**** Input ****
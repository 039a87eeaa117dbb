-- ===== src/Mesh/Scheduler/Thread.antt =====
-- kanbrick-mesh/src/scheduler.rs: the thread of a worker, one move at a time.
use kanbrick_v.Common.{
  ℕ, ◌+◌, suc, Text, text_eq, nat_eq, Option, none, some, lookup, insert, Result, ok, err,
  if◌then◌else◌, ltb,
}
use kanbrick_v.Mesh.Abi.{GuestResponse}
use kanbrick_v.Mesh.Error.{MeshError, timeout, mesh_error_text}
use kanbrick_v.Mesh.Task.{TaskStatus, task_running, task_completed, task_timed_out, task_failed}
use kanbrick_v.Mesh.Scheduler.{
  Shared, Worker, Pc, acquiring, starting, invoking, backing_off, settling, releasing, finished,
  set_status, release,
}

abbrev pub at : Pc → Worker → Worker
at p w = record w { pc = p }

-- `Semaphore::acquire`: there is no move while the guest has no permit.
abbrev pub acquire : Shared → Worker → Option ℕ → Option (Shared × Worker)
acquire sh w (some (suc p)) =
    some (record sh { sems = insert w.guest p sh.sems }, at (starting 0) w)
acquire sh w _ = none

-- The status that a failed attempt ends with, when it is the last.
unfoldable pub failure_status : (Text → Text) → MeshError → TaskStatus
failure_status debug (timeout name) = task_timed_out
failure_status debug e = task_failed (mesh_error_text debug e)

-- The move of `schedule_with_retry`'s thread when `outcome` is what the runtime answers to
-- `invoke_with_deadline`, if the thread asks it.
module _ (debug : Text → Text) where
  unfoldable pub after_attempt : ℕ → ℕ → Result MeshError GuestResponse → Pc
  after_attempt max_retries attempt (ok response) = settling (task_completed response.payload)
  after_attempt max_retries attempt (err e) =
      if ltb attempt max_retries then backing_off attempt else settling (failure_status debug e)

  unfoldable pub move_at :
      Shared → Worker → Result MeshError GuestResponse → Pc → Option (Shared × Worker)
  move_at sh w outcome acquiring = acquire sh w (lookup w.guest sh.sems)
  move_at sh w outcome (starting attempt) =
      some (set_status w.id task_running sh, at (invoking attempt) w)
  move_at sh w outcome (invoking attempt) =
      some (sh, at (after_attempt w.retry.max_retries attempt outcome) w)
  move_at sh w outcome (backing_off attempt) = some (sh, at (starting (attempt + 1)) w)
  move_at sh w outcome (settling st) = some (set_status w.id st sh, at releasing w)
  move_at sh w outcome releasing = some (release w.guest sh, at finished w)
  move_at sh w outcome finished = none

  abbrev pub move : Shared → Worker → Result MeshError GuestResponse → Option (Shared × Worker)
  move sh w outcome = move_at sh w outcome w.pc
****
Aim of the exercise =
Looking at the data above, return every line from the one with "acquire sh w _ = none" down to the one with "unfoldable pub move_at", exactly and inclusively.

Result =
acquire sh w _ = none

-- The status that a failed attempt ends with, when it is the last.
unfoldable pub failure_status : (Text → Text) → MeshError → TaskStatus
failure_status debug (timeout name) = task_timed_out
failure_status debug e = task_failed (mesh_error_text debug e)

-- The move of `schedule_with_retry`'s thread when `outcome` is what the runtime answers to
-- `invoke_with_deadline`, if the thread asks it.
module _ (debug : Text → Text) where
  unfoldable pub after_attempt : ℕ → ℕ → Result MeshError GuestResponse → Pc
  after_attempt max_retries attempt (ok response) = settling (task_completed response.payload)
  after_attempt max_retries attempt (err e) =
      if ltb attempt max_retries then backing_off attempt else settling (failure_status debug e)

  unfoldable pub move_at :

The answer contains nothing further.